- Work instruction: Look through the data below and show every line that includes "counts".

Start of Block

-- ===== src/Nanopb/Wire/Submessage.antt =====
-- pb_encode_submessage of Kasei/Pods/nanopb/pb_encode.c, and the data of a packed array: a pass that
-- counts, the length, and a pass that writes.
use kaseiapp.Base.{ℕ, ◌+◌, ◌%◌, ◌^◌, ◌≡◌, refl, sym, arith, Bool, true, false}
use kaseiapp.Base.{
  Option, none, List, [], length, length-append, IsU64, Bool-cases, inl, inr, leb, ltb, ◌==◌,
  if◌then◌else◌,
}
use kaseiapp.Nanopb.Pb.{Message, stream_full}
use kaseiapp.Nanopb.Ostream.{
  Dest, Sink, null, buf_write, custom, is_null, Ostream, Writer, fail, ◌>>◌, add_size, pb_write,
  pb_ostream_sizing,
}
use kaseiapp.Nanopb.Ostream.Emits.{
  wire_bytes, Behaves, Outcome, IsReady, fits, advance, Emits, Implements, Wire, emitted, stopped,
}
use kaseiapp.Nanopb.Ostream.Emits.Write.{stream_of}
use kaseiapp.Nanopb.Ostream.Emits.Sequence.{Implements-Behaves, >>-Emits, continue-true}
use kaseiapp.Nanopb.Write.Varint.{varint_bytes, pb_encode_varint-Emits}
use kaseiapp.Nanopb.Write.{pb_encode_varint}
use kaseiapp.Nanopb.Write.Scalars.{string_bytes}
use mathlib.Core.Path.{subst}
use kaseiapp.Nanopb.Field.{pb_encode_submessage, write_submessage, finish_submessage, after_sizing}
use kaseiapp.Nanopb.Wire.{delimited}

pub sizing-IsReady : IsReady pb_ostream_sizing
unfolding pb_ostream_sizing
sizing-IsReady = record {
  plain = tt;
  max_fits = omega arith;
  written = omega arith;
  within = refl;
  no_error = refl;
}

-- A counting pass over an emitter succeeds with the number of its bytes.
pub sizing_lem :
    (run : Writer) (bs : List ℕ)
    → Emits run bs
    → IsU64 (length bs)
    → run pb_ostream_sizing ≡ (true, advance pb_ostream_sizing bs)
unfolding pb_ostream_sizing
sizing_lem run bs emits h =
    continue-true bs pb_ostream_sizing emits sizing-IsReady (omega arith) refl

-- What an emitter does to streams over a buffer.
abbrev OverBuffer : Writer → List ℕ → Type 0
OverBuffer run bs =
    (d : Dest) (m w : ℕ) (e : Option Message)
    → IsReady (stream_of buf_write d m w e)
    → IsU64 (w + length bs)
    → Outcome (fits (stream_of buf_write d m w e) (length bs)) (stream_of buf_write d m w e)
        (run (stream_of buf_write d m w e)) bs

pub sizing_count :
    (bs : List ℕ)
    → IsU64 (length bs)
    → add_size pb_ostream_sizing.bytes_written (length bs) ≡ length bs
unfolding pb_ostream_sizing
sizing_count bs h = omega arith

counting_at :
    (c : Sink) (d : Dest) (m w : ℕ) (e : Option Message) (run : Writer) (bs : List ℕ)
    → IsU64 (w + length bs)
    → IsReady (stream_of c d m w e)
    → OverBuffer run bs
    → Outcome
        (fits (stream_of c d m w e) (length bs))
        (stream_of c d m w e)
        (if is_null c
          then pb_write [] (length bs) (stream_of c d m w e)
          else run (stream_of c d m w e))
        bs
unfolding pb_write
counting_at null d m w e run bs small ready h = ground arith
counting_at buf_write d m w e run bs small ready h = h d m w e ready small
counting_at (custom f) d m w e run bs small ready h = absurd ready.plain

-- A counting stream is told the number of the bytes at once; a stream over a buffer gets them.
pub counting-Emits :
    (run : Writer) (bs : List ℕ)
    → OverBuffer run bs
    → Emits (λ s. if is_null s.callback then pb_write [] (length bs) s else run s) bs
counting-Emits run bs h s ready small =
    counting_at s.callback s.state s.max_size s.bytes_written s.errmsg run bs small ready h

-- The second pass of pb_encode_submessage, on a stream over a buffer.
second_pass :
    (encode : Writer) (bs : List ℕ) (d : Dest) (m w : ℕ) (e : Option Message)
    → Emits encode bs
    → IsReady (stream_of buf_write d m w e)
    → IsU64 (w + length bs)
    → Outcome
        (fits (stream_of buf_write d m w e) (length bs))
        (stream_of buf_write d m w e)
        (if ltb m (add_size w (length bs))
          then fail stream_full (stream_of buf_write d m w e)
          else finish_submessage
              (length bs)
              (stream_of buf_write d m w e)
              (encode (stream_of buf_write d (length bs) 0 none)))
        bs
second_pass encode bs d m w e emits ready small = elim (Bool-cases (leb (w + length bs) m)) [
  | inl roomy ↦ rw roomy (rw (enough roomy, ran) (rw exact (rw (itself, ready.no_error))))
  | inr full ↦ rw full (rw (too_much full) (refl, rw ready.no_error))
]
  where
    sub : Ostream
    sub = stream_of buf_write d (length bs) 0 none

    enough : leb (w + length bs) m ≡ true → ltb m (add_size w (length bs)) ≡ false
    enough h = ground arith

    too_much : leb (w + length bs) m ≡ false → ltb m (add_size w (length bs)) ≡ true
    too_much h = ground arith

    sub_IsReady : IsReady sub
    sub_IsReady = record {
      plain = tt;
      max_fits = omega arith;
      written = omega arith;
      within = ground arith;
      no_error = refl;
    }

    ran : encode sub ≡ (true, advance sub bs)
    ran = continue-true bs sub emits sub_IsReady (omega arith) (ground arith)

    exact : (0 + length bs) % 2 ^ 64 ≡ length bs
    exact = omega arith

    itself : (length bs == length bs) ≡ true
    itself = ground arith

write_submessage-Emits :
    (encode : Writer) (bs : List ℕ)
    → Emits encode bs
    → Emits (write_submessage encode (length bs)) bs
unfolding write_submessage
write_submessage-Emits encode bs emits =
    counting-Emits _ bs (λ d m w e. second_pass encode bs d m w e emits)

after_sizing_failed :
    (encode : Writer) (r : Bool × Ostream) (s : Ostream)
    → r.0 ≡ false
    → (after_sizing encode r s).0 ≡ false
after_sizing_failed encode (true, sized) s h = cc
after_sizing_failed encode (false, sized) s h = refl

pub pb_encode_submessage-Implements :
    (encode : Writer) (w : Wire)
    → Implements encode w
    → Implements (pb_encode_submessage encode) (delimited w)
unfolding pb_encode_submessage pb_ostream_sizing
pb_encode_submessage-Implements encode (emitted bs) h = λ s ready small.
    let fit : IsU64 (length bs) = omega (arith, length-append {0} (varint_bytes (length bs)) bs) in
    rw (sizing_lem encode bs h fit) (
      subst
        (λ (n : ℕ).
          Outcome (fits s (length (string_bytes bs))) s
            ((pb_encode_varint n >> write_submessage encode n) s) (string_bytes bs))
        (sym (sizing_count bs fit))
        (>>-Emits (pb_encode_varint (length bs)) (write_submessage encode (length bs))
          (varint_bytes (length bs)) bs (pb_encode_varint-Emits (length bs) fit).0
          (write_submessage-Emits encode bs h) s ready small))
pb_encode_submessage-Implements encode (stopped bs) h = λ s ready small.
    after_sizing_failed encode (encode pb_ostream_sizing) s
      (h pb_ostream_sizing sizing-IsReady (omega arith))

-- pb_encode_submessage, around an encoder that implements a wire, writes the length of the encoding and
-- the encoding, on a counting stream or one over a buffer that has no error yet, and with the count of
-- bytes below 2 ^ 64. If both fit, exactly these bytes are appended and the call succeeds, so the second
-- pass counts as many bytes as the first; if not, it fails with "stream full". Where the encoding is an
-- error, it fails.
pub pb_encode_submessage_lem :
    (encode : Writer) (w : Wire) (s : Ostream)
    → Implements encode w
    → IsReady s
    → IsU64 (s.bytes_written + length (wire_bytes (delimited w)))
    → Behaves (delimited w) s (pb_encode_submessage encode s)
pb_encode_submessage_lem encode w s h =
    Implements-Behaves (pb_encode_submessage encode) (delimited w)
      (pb_encode_submessage-Implements encode w h) s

End of Block

- Result:
-- counts, the length, and a pass that writes.
-- pass counts as many bytes as the first; if not, it fails with "stream full". Where the encoding is an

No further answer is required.